━━ Entries provided ━━
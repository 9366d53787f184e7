-- ===== src/Controllers/PowerOperation/Tests.antt =====
-- The laws of the power operation at concrete machines.
use omni_infra_provider_bare.Base.{Option, [], any, false, none, refl, some, true, ◌∷◌, ◌≡◌, ◌⊎◌}
use omni_infra_provider_bare.Base.Int.{ltb_ℤ, pos}
use omni_infra_provider_bare.Resources.{
  BmcConfiguration, InfraMachine, RebootStatus, WipeStatus, off, on, prefer_off, prefer_on,
}
use omni_infra_provider_bare.Machine.{
  is_installed, is_power_off_active, required_boot_mode, requires_power_on, requires_pxe_boot,
  requires_wipe,
}
use omni_infra_provider_bare.Effects.{
  close_client, done, final, get_client, is_power_off, is_power_on, ok, power_on, set_pxe_boot_once,
  uefi,
}
use omni_infra_provider_bare.Samples.{bmc1, calm, disk_first, idle, lit, m1, op0, w1}
use omni_infra_provider_bare.Controllers.PowerOperation.{Helper, Inputs, acknowledge, transform}
use omni_infra_provider_bare.Controllers.PowerOperation.Laws.{
  IsManaged, asked, is_off_active, pointed, power_off_safe, power_on_safe, record_matches_trace,
  run,
}
use omni_infra_provider_bare.Controllers.Common.{since, time_since_last_power_on}

abbrev hourly : Helper
hourly = record { pxe_boot_mode = uefi; boot_options = disk_first; min_reboot_interval = pos 1000 }

-- Required to be on.
abbrev needed : Inputs
needed = record {
  machine = m1;
  bmc = ok (some bmc1);
  wipe = ok (some w1);
  reboot = ok none;
  now = 5000;
  clock = 5000;
}

abbrev unneeded : Inputs
unneeded = record needed { machine = idle }

-- A request to power off.
abbrev asking : InfraMachine
asking = record m1 { power_off_request_id = "p1" }

managed : IsManaged needed bmc1 (some w1) none
managed = record {
  accepted = refl;
  not_cordoned = refl;
  bmc = refl;
  wipe_read = refl;
  reboot_read = refl;
}

power_off_safe_example :
    (c : BmcConfiguration) × (wipe : Option WipeStatus) × (reboot : Option RebootStatus) × IsManaged
      unneeded c wipe reboot
    × (requires_power_on unneeded.machine wipe ≡ false)
    × (unneeded.machine.preferred_power_state ≡ prefer_off)
    × (lit.power (get_client ∷ []) ≡ ok true)
    × (ltb_ℤ
          (time_since_last_power_on unneeded.clock (some (acknowledge unneeded.machine op0)) reboot)
          hourly.min_reboot_interval
        ≡ false)
unfolding transform acknowledge is_power_off_active required_boot_mode requires_pxe_boot
    requires_power_on is_installed requires_wipe time_since_last_power_on since
power_off_safe_example = power_off_safe lit hourly unneeded op0 refl

power_on_safe_example :
    (c : BmcConfiguration) × (wipe : Option WipeStatus) × (reboot : Option RebootStatus) × IsManaged
      needed c wipe reboot
    × ((requires_power_on needed.machine wipe ≡ true)
        ⊎ (needed.machine.preferred_power_state ≡ prefer_on))
    × (is_off_active needed op0 ≡ false)
    × (calm.power (get_client ∷ []) ≡ ok false)
    × ((final (run calm hourly needed op0)).trace
        ≡ close_client ∷ power_on ∷ pointed hourly needed c wipe)
    × ((requires_pxe_boot
            (required_boot_mode (some needed.machine) (some c) wipe hourly.boot_options)
          ≡ false)
        ⊎ (calm.act asked (set_pxe_boot_once hourly.pxe_boot_mode) ≡ ok tt))
unfolding transform acknowledge is_power_off_active required_boot_mode requires_pxe_boot
    requires_power_on is_installed requires_wipe time_since_last_power_on since
power_on_safe_example = power_on_safe calm hourly needed op0 refl

record_matches_trace_example :
    let w = final (run calm hourly needed op0) in
    ((w.res.last_power_operation ≡ op0.last_power_operation)
      × (w.res.last_power_on_timestamp ≡ op0.last_power_on_timestamp))
    ⊎ ((run calm hourly needed op0 ≡ done tt w)
        × (any is_power_on w.trace ≡ true)
        × (w.res.last_power_operation ≡ on)
        × (w.res.last_power_on_timestamp ≡ some needed.now))
    ⊎ ((run calm hourly needed op0 ≡ done tt w)
        × (any is_power_off w.trace ≡ true)
        × (w.res.last_power_operation ≡ off)
        × (w.res.last_power_on_timestamp ≡ op0.last_power_on_timestamp))
record_matches_trace_example = record_matches_trace calm hourly needed op0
━━━
Work instruction:
Reproduce, unchanged, the line containing "((w.res.last_power_operation ≡ op0.last_power_operation)" and each line after it through the end of the listing above, and nothing else.

Response box:
    ((w.res.last_power_operation ≡ op0.last_power_operation)
      × (w.res.last_power_on_timestamp ≡ op0.last_power_on_timestamp))
    ⊎ ((run calm hourly needed op0 ≡ done tt w)
        × (any is_power_on w.trace ≡ true)
        × (w.res.last_power_operation ≡ on)
        × (w.res.last_power_on_timestamp ≡ some needed.now))
    ⊎ ((run calm hourly needed op0 ≡ done tt w)
        × (any is_power_off w.trace ≡ true)
        × (w.res.last_power_operation ≡ off)
        × (w.res.last_power_on_timestamp ≡ op0.last_power_on_timestamp))
record_matches_trace_example = record_matches_trace calm hourly needed op0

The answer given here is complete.